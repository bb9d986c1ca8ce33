-- ===== src/Metrics/Linux/Words.antt =====
-- What SplitWhitespace and Trim (linux_metrics_reader.cpp) make of a text.
use aegis_desk.Prelude.{
  ℕ, zero, suc, ◌≡◌, ◌<◌, ◌≤◌, ◌∙◌, refl, ap, Bool, true, false, List, [], ◌∷◌, ◌++◌, ◌&&◌, not,
  is_empty, length, keep, All, arith, inl, inr, Bool-cases,
}
use aegis_desk.Prelude.Text.{Str}
use aegis_desk.Service.Id.{all_chars}
use aegis_desk.Metrics.Linux.Tokens.{
  is_blank, skip_blanks, token_of, after_token, split_from, split_whitespace,
}

length-after_token : (s : Str) → length (after_token s) ≤ length s
unfolding after_token
length-after_token [] = omega arith
length-after_token (c ∷ s) = ground (arith, length-after_token s)

-- A round of the outer loop takes a character at least.
round-shortens :
    (s : Str) → is_empty (skip_blanks s) ≡ false → length (after_token (skip_blanks s)) < length s
unfolding skip_blanks after_token
round-shortens [] h = cc
round-shortens (c ∷ s) h = ground (arith, round-shortens s, length-after_token s)

split_from-fuel :
    (fuel fuel' : ℕ) (s : Str)
    → length s ≤ fuel
    → length s ≤ fuel'
    → split_from fuel s ≡ split_from fuel' s
unfolding split_from skip_blanks
split_from-fuel zero zero s h h' = refl
split_from-fuel zero (suc fuel') [] h h' = refl
split_from-fuel zero (suc fuel') (c ∷ s) h h' = absurd (omega arith)
split_from-fuel (suc fuel) zero [] h h' = refl
split_from-fuel (suc fuel) zero (c ∷ s) h h' = absurd (omega arith)
split_from-fuel (suc fuel) (suc fuel') s h h' = elim (Bool-cases (is_empty (skip_blanks s))) [
  | inl ends ↦ rw ends refl
  | inr goes_on ↦
      let shorter = round-shortens s goes_on in
      rw
        (
          split_from,
          goes_on,
          split_from-fuel fuel fuel' (after_token (skip_blanks s)) (omega (arith, shorter))
              (omega (arith, shorter)),
        )
        refl
]

-- The loop over the tokens ends within as many rounds as the text has characters: more fuel than
-- that changes nothing.
pub split_from-ends :
    (fuel : ℕ) (s : Str) → length s ≤ fuel → split_from fuel s ≡ split_whitespace s
unfolding split_whitespace
split_from-ends fuel s h = split_from-fuel fuel (length s) s h (omega arith)

-- A token: not empty, and without a blank.
abbrev pub is_token : Str → Bool
is_token s = not (is_empty s) && all_chars (λ c. not (is_blank c)) s

all_chars-token_of : (s : Str) → all_chars (λ c. not (is_blank c)) (token_of s) ≡ true
unfolding all_chars token_of
all_chars-token_of [] = refl
all_chars-token_of (c ∷ s) = ground (arith, all_chars-token_of s)

is_empty-token_of : (s : Str) → is_empty (token_of (skip_blanks s)) ≡ is_empty (skip_blanks s)
unfolding skip_blanks token_of
is_empty-token_of [] = refl
is_empty-token_of (c ∷ s) = ground (arith, is_empty-token_of s)

-- The characters of a text but the blanks.
abbrev pub without_blanks : Str → Str
without_blanks = keep (λ c. not (is_blank c))

abbrev pub concat : List Str → Str
concat [] = []
concat (s ∷ ss) = s ++ concat ss

without_blanks-token_of :
    (s : Str) → token_of s ++ without_blanks (after_token s) ≡ without_blanks s
unfolding token_of after_token
without_blanks-token_of [] = refl
without_blanks-token_of (c ∷ s) = ground (arith, without_blanks-token_of s)

without_blanks-skip_blanks : (s : Str) → without_blanks (skip_blanks s) ≡ without_blanks s
unfolding skip_blanks
without_blanks-skip_blanks [] = refl
without_blanks-skip_blanks (c ∷ s) = ground (arith, without_blanks-skip_blanks s)

nothing_left : (s : Str) → is_empty (skip_blanks s) ≡ true → [] ≡ without_blanks s
unfolding skip_blanks
nothing_left [] h = refl
nothing_left (c ∷ s) h = ground (arith, nothing_left s)

split_from-tokens :
    (fuel : ℕ) (s : Str)
    → length s ≤ fuel
    → All (λ t. is_token t ≡ true) (split_from fuel s)
      × (concat (split_from fuel s) ≡ without_blanks s)
unfolding split_from
split_from-tokens zero [] h = (tt, refl)
split_from-tokens zero (c ∷ s) h = absurd (omega arith)
split_from-tokens (suc fuel) s h = elim (Bool-cases (is_empty (skip_blanks s))) [
  | inl ends ↦ rw (split_from, ends) (tt, nothing_left s ends)
  | inr goes_on ↦
      let shorter = round-shortens s goes_on in
      let (tokens, text) =
        split_from-tokens fuel (after_token (skip_blanks s)) (omega (arith, shorter)) in
      rw (split_from, goes_on)
        (
          (ground (arith, all_chars-token_of (skip_blanks s), is_empty-token_of s), tokens),
          ap (λ t. token_of (skip_blanks s) ++ t) text
              ∙ without_blanks-token_of (skip_blanks s)
              ∙ without_blanks-skip_blanks s,
        )
]

-- Splitting gives tokens that are not empty and have no blank, and together they are the text
-- without its blanks.
pub split_whitespace-tokens :
    (s : Str)
    → All (λ t. is_token t ≡ true) (split_whitespace s)
      × (concat (split_whitespace s) ≡ without_blanks s)
unfolding split_whitespace
split_whitespace-tokens s = split_from-tokens (length s) s (omega arith)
= = = = =
Using the data above, restate every record word for word.

repository bb9d986c1ca8ce33
-- ===== src/Metrics/Linux/Words.antt =====
-- What SplitWhitespace and Trim (linux_metrics_reader.cpp) make of a text.
use aegis_desk.Prelude.{
  ℕ, zero, suc, ◌≡◌, ◌<◌, ◌≤◌, ◌∙◌, refl, ap, Bool, true, false, List, [], ◌∷◌, ◌++◌, ◌&&◌, not,
  is_empty, length, keep, All, arith, inl, inr, Bool-cases,
}
use aegis_desk.Prelude.Text.{Str}
use aegis_desk.Service.Id.{all_chars}
use aegis_desk.Metrics.Linux.Tokens.{
  is_blank, skip_blanks, token_of, after_token, split_from, split_whitespace,
}

length-after_token : (s : Str) → length (after_token s) ≤ length s
unfolding after_token
length-after_token [] = omega arith
length-after_token (c ∷ s) = ground (arith, length-after_token s)

-- A round of the outer loop takes a character at least.
round-shortens :
    (s : Str) → is_empty (skip_blanks s) ≡ false → length (after_token (skip_blanks s)) < length s
unfolding skip_blanks after_token
round-shortens [] h = cc
round-shortens (c ∷ s) h = ground (arith, round-shortens s, length-after_token s)

split_from-fuel :
    (fuel fuel' : ℕ) (s : Str)
    → length s ≤ fuel
    → length s ≤ fuel'
    → split_from fuel s ≡ split_from fuel' s
unfolding split_from skip_blanks
split_from-fuel zero zero s h h' = refl
split_from-fuel zero (suc fuel') [] h h' = refl
split_from-fuel zero (suc fuel') (c ∷ s) h h' = absurd (omega arith)
split_from-fuel (suc fuel) zero [] h h' = refl
split_from-fuel (suc fuel) zero (c ∷ s) h h' = absurd (omega arith)
split_from-fuel (suc fuel) (suc fuel') s h h' = elim (Bool-cases (is_empty (skip_blanks s))) [
  | inl ends ↦ rw ends refl
  | inr goes_on ↦
      let shorter = round-shortens s goes_on in
      rw
        (
          split_from,
          goes_on,
          split_from-fuel fuel fuel' (after_token (skip_blanks s)) (omega (arith, shorter))
              (omega (arith, shorter)),
        )
        refl
]

-- The loop over the tokens ends within as many rounds as the text has characters: more fuel than
-- that changes nothing.
pub split_from-ends :
    (fuel : ℕ) (s : Str) → length s ≤ fuel → split_from fuel s ≡ split_whitespace s
unfolding split_whitespace
split_from-ends fuel s h = split_from-fuel fuel (length s) s h (omega arith)

-- A token: not empty, and without a blank.
abbrev pub is_token : Str → Bool
is_token s = not (is_empty s) && all_chars (λ c. not (is_blank c)) s

all_chars-token_of : (s : Str) → all_chars (λ c. not (is_blank c)) (token_of s) ≡ true
unfolding all_chars token_of
all_chars-token_of [] = refl
all_chars-token_of (c ∷ s) = ground (arith, all_chars-token_of s)

is_empty-token_of : (s : Str) → is_empty (token_of (skip_blanks s)) ≡ is_empty (skip_blanks s)
unfolding skip_blanks token_of
is_empty-token_of [] = refl
is_empty-token_of (c ∷ s) = ground (arith, is_empty-token_of s)

-- The characters of a text but the blanks.
abbrev pub without_blanks : Str → Str
without_blanks = keep (λ c. not (is_blank c))

abbrev pub concat : List Str → Str
concat [] = []
concat (s ∷ ss) = s ++ concat ss

without_blanks-token_of :
    (s : Str) → token_of s ++ without_blanks (after_token s) ≡ without_blanks s
unfolding token_of after_token
without_blanks-token_of [] = refl
without_blanks-token_of (c ∷ s) = ground (arith, without_blanks-token_of s)

without_blanks-skip_blanks : (s : Str) → without_blanks (skip_blanks s) ≡ without_blanks s
unfolding skip_blanks
without_blanks-skip_blanks [] = refl
without_blanks-skip_blanks (c ∷ s) = ground (arith, without_blanks-skip_blanks s)

nothing_left : (s : Str) → is_empty (skip_blanks s) ≡ true → [] ≡ without_blanks s
unfolding skip_blanks
nothing_left [] h = refl
nothing_left (c ∷ s) h = ground (arith, nothing_left s)

split_from-tokens :
    (fuel : ℕ) (s : Str)
    → length s ≤ fuel
    → All (λ t. is_token t ≡ true) (split_from fuel s)
      × (concat (split_from fuel s) ≡ without_blanks s)
unfolding split_from
split_from-tokens zero [] h = (tt, refl)
split_from-tokens zero (c ∷ s) h = absurd (omega arith)
split_from-tokens (suc fuel) s h = elim (Bool-cases (is_empty (skip_blanks s))) [
  | inl ends ↦ rw (split_from, ends) (tt, nothing_left s ends)
  | inr goes_on ↦
      let shorter = round-shortens s goes_on in
      let (tokens, text) =
        split_from-tokens fuel (after_token (skip_blanks s)) (omega (arith, shorter)) in
      rw (split_from, goes_on)
        (
          (ground (arith, all_chars-token_of (skip_blanks s), is_empty-token_of s), tokens),
          ap (λ t. token_of (skip_blanks s) ++ t) text
              ∙ without_blanks-token_of (skip_blanks s)
              ∙ without_blanks-skip_blanks s,
        )
]

-- Splitting gives tokens that are not empty and have no blank, and together they are the text
-- without its blanks.
pub split_whitespace-tokens :
    (s : Str)
    → All (λ t. is_token t ≡ true) (split_whitespace s)
      × (concat (split_whitespace s) ≡ without_blanks s)
unfolding split_whitespace
split_whitespace-tokens s = split_from-tokens (length s) s (omega arith)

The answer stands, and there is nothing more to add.